Even if technical barriers were cleared, a second set of constraints would come into play. If AI models reach genuine expert-level performance across broad clinical domains, the employment implications would be profound, and would likely generate significant regulatory and political pressure. Several US states have already passed laws governing AI use by health insurers [8]. Medical malpractice liability for AI-driven decisions remains legally unresolved: Who bears responsibility when a model makes a harmful recommendation? Insurance costs for AI services in high-stakes settings could substantially erode any economic advantage. Taken together, the realistic short-term trajectory is continued expansion of AI as a digital health support layer for tasks like handling documentation, coding, triage and imaging analysis, while autonomous clinical decision-making remains the preserve of licensed physicians, backed by the accountability structures that medicine has developed over centuries.

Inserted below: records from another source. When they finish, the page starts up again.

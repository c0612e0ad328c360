-- ===== src/Fullpath/Copies.antt =====
-- How much the loop of `_fullpath` writes.
use libi.Base.{ℕ, zero, suc, ◌-◌, ◌≤◌, ◌&&◌, ◌||◌, not, List, [], ◌∷◌, arith}
use libi.Base.{length, take, leb, ◌==◌, if_holds, length-append, length-take, str_eq}
use libi.Fullpath.{
  Result, ok, err, ◌>>=◌, Dos, Buffer, copy_chrs, copy_name, go_up, push_start, add_name, field_len,
  component, loop, dbcs_strcspn,
}

-- The text of a result is within a size.
abbrev pub Within : ℕ → Result (List ℕ) → Type 0
Within size (ok text) = length text ≤ size
Within size (err e) = Unit

abbrev pub Holds : ℕ → Result Buffer → Type 0
Holds size (ok buf) = length buf.text ≤ size
Holds size (err e) = Unit

>>=-Within :
    (size : ℕ) (r : Result (List ℕ)) (f : List ℕ → Result (List ℕ))
    → Within size r
    → ((text : List ℕ) → length text ≤ size → Within size (f text))
    → Within size (r >>= f)
>>=-Within size (ok text) f h k = k text h
>>=-Within size (err e) f h k = tt

>>=-Holds :
    (size : ℕ) (r : Result (List ℕ)) (f : List ℕ → Result Buffer)
    → Within size r
    → ((text : List ℕ) → length text ≤ size → Holds size (f text))
    → Holds size (r >>= f)
>>=-Holds size (ok text) f h k = k text h
>>=-Holds size (err e) f h k = tt

next-Holds :
    (size : ℕ) (r : Result Buffer) (f : Buffer → Result Buffer)
    → Holds size r
    → ((buf : Buffer) → length buf.text ≤ size → Holds size (f buf))
    → Holds size (r >>= f)
next-Holds size (ok buf) f h k = k buf h
next-Holds size (err e) f h k = tt

copy_chrs-Within : (size : ℕ) (chrs text : List ℕ) → Within size (copy_chrs size chrs text)
unfolding copy_chrs
copy_chrs-Within size chrs text =
    if_holds (Within size) (leb size (length chrs) || leb (size - length chrs) (length text)) _ _
      (λ e. tt) (λ e. ground (arith, e, length-append text chrs))

copy_name-Within :
    (dos : Dos) (size : ℕ) (path text : List ℕ)
    → length text ≤ size
    → Within size (copy_name dos.dbcs size (dos.parsfnm path) text)
unfolding copy_name
copy_name-Within dos size path text h =
    let fcb = dos.parsfnm path in
    let name = take (field_len dos.dbcs 0 0 fcb.name) fcb.name in
    let ext = take (field_len dos.dbcs 0 0 fcb.ext) fcb.ext in
    if_holds (Within size) (field_len dos.dbcs 0 0 fcb.name == 0) _ _ (λ e. tt)
      (λ e. >>=-Within size (copy_chrs size name text) _ (copy_chrs-Within size name text) (λ t k.
        >>=-Within size _ _
          (if_holds (Within size) (field_len dos.dbcs 0 0 fcb.ext == 0) _ _ (λ e'. k)
            (λ e'.
              >>=-Within size (copy_chrs size (b'.' ∷ []) t) _ (copy_chrs-Within size (b'.' ∷ []) t)
                (λ d k'. copy_chrs-Within size ext d)))
          (λ u k'. copy_chrs-Within size (0x5c ∷ []) u)))

push_start-Holds :
    (size : ℕ) (starts text : List ℕ) → length text ≤ size → Holds size (push_start starts text)
unfolding push_start
push_start-Holds size [] text h = tt
push_start-Holds size (s ∷ starts) text h = h

go_up-Holds :
    (size : ℕ) (starts text : List ℕ) → length text ≤ size → Holds size (go_up size starts text)
unfolding go_up
go_up-Holds size [] text h = tt
go_up-Holds size (s ∷ []) text h =
    >>=-Holds size (copy_chrs size (b'.' ∷ b'.' ∷ 0x5c ∷ []) (take s text)) _
      (copy_chrs-Within size (b'.' ∷ b'.' ∷ 0x5c ∷ []) (take s text)) (λ t k. k)
go_up-Holds size (s ∷ s' ∷ starts) text h = omega (arith, h, length-take s' text)

module _ (dos : Dos) where
  add_name-Holds :
      (size k : ℕ) (path : List ℕ) (buf : Buffer)
      → length buf.text ≤ size
      → Holds size (add_name dos size k path buf)
  unfolding add_name
  add_name-Holds size k path buf h =
      let fcb = dos.parsfnm path in
      if_holds (Holds size) (not (fcb.used == k) || not (fcb.drive == 0)) _ _ (λ e. tt)
        (λ e.
          >>=-Holds size (copy_name dos.dbcs size fcb buf.text) _
            (copy_name-Within dos size path buf.text h)
            (λ t k'. push_start-Holds size buf.starts t k'))

  component-Holds :
      (size k : ℕ) (path : List ℕ) (buf : Buffer)
      → length buf.text ≤ size
      → Holds size (component dos size k path buf)
  unfolding component
  component-Holds size k path buf h =
      if_holds (Holds size) (k == 0 || (k == 1 && str_eq (take k path) (b'.' ∷ []))) _ _ (λ e. h)
        (λ e.
          if_holds (Holds size) (k == 2 && str_eq (take k path) (b'.' ∷ b'.' ∷ [])) _ _
            (λ e'. go_up-Holds size buf.starts buf.text h) (λ e'. add_name-Holds size k path buf h))

  pub loop-Holds :
      (size fuel : ℕ) (path : List ℕ) (buf : Buffer)
      → length buf.text ≤ size
      → Holds size (loop dos size fuel path buf)
  unfolding loop
  loop-Holds size fuel [] buf h = h
  loop-Holds size zero (c ∷ path) buf h = tt
  loop-Holds size (suc fuel) (c ∷ path) buf h =
      next-Holds size (component dos size (dbcs_strcspn dos.dbcs (c ∷ path)) (c ∷ path) buf) _
        (component-Holds size (dbcs_strcspn dos.dbcs (c ∷ path)) (c ∷ path) buf h)
        (λ next k. loop-Holds size fuel _ next k)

6. Clinicians with AI readiness will lead
The most likely short-to-mid-term scenario is not a sudden handover of clinical responsibility to AI systems, but an acceleration of the current trend where physician-led AI takes over well-defined, high-volume tasks while physicians themselves retain ownership of judgment-intensive, relationship-dependent care. Clinical skills like history-taking, physical examination, patient communication and contextual reasoning will become comparatively more valuable as medical AI absorbs the rote and the routine. The physicians best positioned to thrive in this environment will be those who can not only use AI tools, but also critically analyze and understand their performance metrics, identify failure modes, and support their appropriate and safe integration into practice. The technology will keep advancing, so understanding it is no longer optional, but a requirement.
Key References
1 Eisemann N et al. “Nationwide real-world implementation of AI for cancer detection in population-based mammography screening.” Nature Medicine (2025). doi:10.1038/s41591-024-03408-6
2 Lee et al. “Artificial intelligence for breast cancer screening in mammography (AI-STREAM).” Nature Communications (2025). doi:10.1038/s41467-025-57469-3
3 Seker ME et al. “Evaluating the performance of AI and radiologists accuracy in breast cancer detection across breast densities.” ScienceDirect (2025). doi:10.1016/S3050577125000118
4 Mello MM & Rose S. “Denial — artificial intelligence tools and health insurance coverage decisions.” JAMA Health Forum 5:e240622 (2024).
5 Medical Economics. “2025 state of claims: when AI tools work best.” April 2025.
6 Mihalache A et al. “ChatGPT-4: an assessment in the United States Medical Licensing Examination.” Medical Teacher 46(3):366–372 (2024). doi:10.1080/0142159X.2023.2249588
7 Scientific Reports. “Assessing ChatGPT 4.0’s Capabilities in the UK Medical Licensing Examination (UKMLA).” Scientific Reports (2025). doi:10.1038/s41598-025-97327-2
8 Stateline. “Patients deploy bots to battle health insurers that deny care.” November 2025.